The Hollow Hunger Chapter 3: What Watches in the Dark

The Hollow HungerThe gravel crunched under Maya’s shoes as she paced in tight circles, her mind racing faster than her body could keep up.

Three gone.

No—four.

Evan was gone now too.

Snatched right in front of them.

Lena sat on the ground, arms wrapped around herself, rocking slightly. “We should go. We should go right now. Get in the car and just—just drive.”

Maya stopped pacing.

“And tell them what?” she asked sharply. “That a shadow ate our friends?”

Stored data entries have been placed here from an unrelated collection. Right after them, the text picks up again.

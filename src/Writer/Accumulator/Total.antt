-- ===== src/Writer/Accumulator/Total.antt =====
-- No call throws, as long as the keys of the rows can be hashed.
use external_database_audit.Base.{
  ◌<◌, ◌≡◌, refl, ap, String, false, Option, none, some, List, [], ◌∷◌, ◌++◌, ltb, leb, arith,
}
use external_database_audit.Base.Dict
use external_database_audit.Base.Dict.{Dict, get-set, get-delete}
use external_database_audit.Base.Lists.{length}
use external_database_audit.Base.Platform.{Platform}
use external_database_audit.Base.Result.{ok, err}
use external_database_audit.Cce.{Cce}
use external_database_audit.Writer.Sealing.{
  OpenSegment, SealReady, event_count_cap, time_cap, flush, count,
}
use external_database_audit.Writer.Accumulator.{
  Accumulator, SegmentCaps, Called, overdue, open_segment, put_in, put_found, admit, add,
  sweep_entries, sweep, flush_entries, flush_all, Call, adding, sweeping, flushing, step, run,
  create,
}
use external_database_audit.Writer.Accumulator.Shape.{IsMap, total, total-delete, IsSound}
use external_database_audit.Writer.Accumulator.Takes.{Takes, Takes-IsSound}
use external_database_audit.Writer.Accumulator.Keeping.{Fits, Takes-Fits, count-append}
use external_database_audit.Writer.Accumulator.Adding.{admitted}
use external_database_audit.Writer.Accumulator.Sweeping.{Entry, AreIn, AreIn-self, AreIn-Takes}
use external_database_audit.Writer.Accumulator.Kept.{
  created, admitted_by, all_admitted, step-IsKeeping,
}
use external_database_audit.Writer.Accumulator.Sealable.{
  Returns, if-total, unhashable, seal_then-total,
}

module _ (js : Platform) where
  module _ (caps : SegmentCaps) (pos : 0 < caps.max_events) where
    put_in-total :
        (o : Cce) (closed : String) (seg : OpenSegment) (acc : Accumulator)
        → count (unhashable js) (seg.objects ++ o ∷ []) ≡ 0
        → Returns (put_in js caps o closed seg acc)
    unfolding put_in
    put_in-total o closed seg acc h =
        let full : OpenSegment = record seg { objects = seg.objects ++ o ∷ [] } in
        let held : Accumulator = record acc { opened = Dict.set o.source.db_id full acc.opened } in
        if-total (leb caps.max_events (length full.objects)) _ _
          (λ e.
            seal_then-total js full event_count_cap closed held (λ left. ok (left, [])) h
              (ground arith) (λ left s t. ((left, []), refl)))
          (λ e. ((held, []), refl))

    -- the objects of an open segment are among all that are open
    count-open :
        (k : String) (seg : OpenSegment) (acc : Accumulator)
        → IsSound acc
        → total (unhashable js) acc.opened ≡ 0
        → Dict.get k acc.opened ≡ some seg
        → count (unhashable js) seg.objects ≡ 0
    count-open k seg acc sound h held =
        ground (arith, total-delete (unhashable js) k acc.opened sound.distinct)

    put_found-total :
        (o : Cce) (now closed : String) (found : Option OpenSegment) (acc : Accumulator)
        → IsSound acc
        → Fits caps.max_events acc
        → total (unhashable js) acc.opened ≡ 0
        → unhashable js o ≡ false
        → Dict.get o.source.db_id acc.opened ≡ found
        → Returns (put_found js caps o now closed found acc)
    unfolding put_found open_segment
    put_found-total o now closed none acc sound fits h ho e =
        put_in-total o closed (open_segment js caps o.source.db_id o.source.engine now acc) acc
          (ground arith)
    put_found-total o now closed (some seg) acc sound fits h ho e =
        let clean = count-open o.source.db_id seg acc sound h e in
        if-total (overdue js caps seg now) _ _
          (λ late.
            seal_then-total js seg time_cap now acc _ clean (fits o.source.db_id seg e).0
              (λ left s t.
                put_in-total o closed (open_segment js caps o.source.db_id o.source.engine now left)
                  left (ground arith)))
          (λ young.
            put_in-total o closed seg acc
              (ground (arith, count-append (unhashable js) seg.objects (o ∷ []))))

    left-clean :
        (seg : OpenSegment) (acc left : Accumulator) (s : SealReady)
        → IsSound acc
        → total (unhashable js) acc.opened ≡ 0
        → Takes seg acc left s
        → total (unhashable js) left.opened ≡ 0
    left-clean seg acc left s sound h t = omega (
      arith,
      h,
      total-delete (unhashable js) seg.db_id acc.opened sound.distinct,
      ap (total (unhashable js)) t.opened,
    )

    sweep_entries-total :
        (es : List Entry) (now : String) (acc : Accumulator)
        → IsSound acc
        → Fits caps.max_events acc
        → total (unhashable js) acc.opened ≡ 0
        → IsMap es
        → AreIn acc.opened es
        → Returns (sweep_entries js caps es now acc)
    unfolding sweep_entries
    sweep_entries-total [] now acc sound fits h map held = ((acc, []), refl)
    sweep_entries-total ((db, seg) ∷ es) now acc sound fits h (free, map) (held, rest) =
        if-total (overdue js caps seg now) _ _
          (λ late.
            seal_then-total js seg time_cap now acc (λ a. sweep_entries js caps es now a)
              (count-open db seg acc sound h held) (fits db seg held).0
              (λ left s t.
                sweep_entries-total es now left (Takes-IsSound seg acc left s t sound)
                  (Takes-Fits caps.max_events seg acc left s t (λ k u other e. fits k u e))
                  (left-clean seg acc left s sound h t) map
                  (AreIn-Takes seg acc left s db es sound held free t rest)))
          (λ young. sweep_entries-total es now acc sound fits h map rest)

    flush_entries-total :
        (es : List Entry) (now : String) (acc : Accumulator)
        → IsSound acc
        → Fits caps.max_events acc
        → total (unhashable js) acc.opened ≡ 0
        → IsMap es
        → AreIn acc.opened es
        → Returns (flush_entries js caps es now acc)
    unfolding flush_entries
    flush_entries-total [] now acc sound fits h map held = ((acc, []), refl)
    flush_entries-total ((db, seg) ∷ es) now acc sound fits h (free, map) (held, rest) =
        if-total (ltb 0 (length seg.objects)) _ _
          (λ late.
            seal_then-total js seg flush now acc (λ a. flush_entries js caps es now a)
              (count-open db seg acc sound h held) (fits db seg held).0
              (λ left s t.
                flush_entries-total es now left (Takes-IsSound seg acc left s t sound)
                  (Takes-Fits caps.max_events seg acc left s t (λ k u other e. fits k u e))
                  (left-clean seg acc left s sound h t) map
                  (AreIn-Takes seg acc left s db es sound held free t rest)))
          (λ e. absurd (ground (arith, fits db seg held)))

    add-total :
        (o : Cce) (now closed : String) (acc : Accumulator)
        → IsSound acc
        → Fits caps.max_events acc
        → total (unhashable js) acc.opened ≡ 0
        → count (unhashable js) (admitted o) ≡ 0
        → Returns (add js caps o now closed acc)
    unfolding add
    add-total o now closed acc sound fits h =
        elim (admit o)
          as (λ r.
            count (unhashable js) (elim r as (λ _. List Cce) [ err rejected ↦ [] | ok u ↦ o ∷ [] ])
              ≡ 0
            → Returns (elim r as (λ _. Called) [
              | err rejected ↦ ok (acc, [])
              | ok u ↦ put_found js caps o now closed (Dict.get o.source.db_id acc.opened) acc
            ])) [
              | err rejected ↦ λ c. ((acc, []), refl)
              | ok u ↦ λ c.
                  put_found-total o now closed (Dict.get o.source.db_id acc.opened) acc sound fits h
                    (ground arith) refl
            ]

    step-total :
        (c : Call) (acc : Accumulator)
        → IsSound acc
        → Fits caps.max_events acc
        → total (unhashable js) acc.opened ≡ 0
        → count (unhashable js) (admitted_by c) ≡ 0
        → Returns (step js caps c acc)
    unfolding step sweep flush_all
    step-total (adding o now closed) acc sound fits h clean =
        add-total o now closed acc sound fits h clean
    step-total (sweeping now) acc sound fits h clean =
        sweep_entries-total acc.opened now acc sound fits h sound.distinct
          (AreIn-self acc.opened sound.distinct)
    step-total (flushing now) acc sound fits h clean =
        flush_entries-total acc.opened now acc sound fits h sound.distinct
          (AreIn-self acc.opened sound.distinct)

    run-total_from :
        (cs : List Call) (acc : Accumulator)
        → IsSound acc
        → Fits caps.max_events acc
        → total (unhashable js) acc.opened ≡ 0
        → count (unhashable js) (all_admitted cs) ≡ 0
        → Returns (run js caps cs acc)
    unfolding run
    run-total_from [] acc sound fits h clean = ((acc, []), refl)
    run-total_from (c ∷ cs) acc sound fits h clean =
        let split = count-append (unhashable js) (admitted_by c) (all_admitted cs) in
        let ((a, s), e) = step-total c acc sound fits h (omega (arith, split, clean)) in
        let kept = step-IsKeeping js caps c acc a s pos sound fits e in
        let ((b, t), f) =
          run-total_from cs a kept.sound kept.fits
            (omega (arith, kept.keeps.conserved (unhashable js), h, split, clean))
            (omega (arith, split, clean)) in
        ((b, s ++ t), rw (e, f))

  -- From a new accumulator on, no sequence of calls throws, as long as the row key of every admitted
  -- object can be hashed.
  pub run-total :
      (caps : SegmentCaps) (acc : Accumulator) (cs : List Call)
      → create caps ≡ some acc
      → count (unhashable js) (all_admitted cs) ≡ 0
      → (left : Accumulator) × (out : List SealReady) × (run js caps cs acc ≡ ok (left, out))
  run-total caps acc cs made clean =
      let (pos, sound, fits, none_open) = created caps acc made in
      let ((left, out), e) =
        run-total_from caps pos cs acc sound fits (ap (total (unhashable js)) none_open) clean in
      (left, out, e)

Lena’s voice cracked. “I don’t care! I just don’t want to die!”

Neither do I, Maya thought.

But something inside her—something stubborn and furious—refused to let this end like that.

“No,” she said quietly. “We don’t leave like this.”

Lena looked up, eyes wide with disbelief. “Are you serious?”

Maya turned toward Blackridge House.

The front door stood shut again.

Like nothing had happened.

Like it was waiting.

“You said your grandmother told stories,” Maya said. “About things like this.”

Lena hesitated.

Then nodded slowly.

“They’re not ghosts,” she said. “Not really. They’re… older. Hungrier. They hide in places where people stop looking.”

“Vampires?” Maya asked.

Lena swallowed. “Not the kind in movies.”

“Then what kind?”

“The kind that doesn’t need permission,” Lena whispered. “The kind that doesn’t show up in mirrors because it doesn’t have to. The kind that feeds… and feeds… until there’s nothing left.”

Maya’s stomach twisted. “And Chris?”

“Already gone,” Lena said. “Or worse.”

A long silence stretched between them.

The wind picked up, whispering through the broken trees.

Then—

A sound.

From the house.

A soft thud.

Like something being dropped.

Maya exhaled slowly. “We need answers.”

Lena shook her head. “We need to leave.”

“We don’t even know if it can follow us,” Maya snapped. “What if it doesn’t stay here?”

That hit.

Lena froze.

Because she hadn’t thought of that.

“What if it’s not the house?” Maya continued. “What if it’s us?”

Lena’s breath caught.

“No…” she said weakly.

Maya stepped closer. “It took Tyler first. Then Chris. Then Jordan. Then Evan. One by one.”

A pattern.

A deliberate pattern.

“Like it’s picking us off,” Maya said.

“Or choosing,” Lena whispered.

The word hung in the air.

Choosing.

Maya looked back at the house.

Then at Lena.

“We go back in,” she said.

Lena stared at her like she’d gone insane.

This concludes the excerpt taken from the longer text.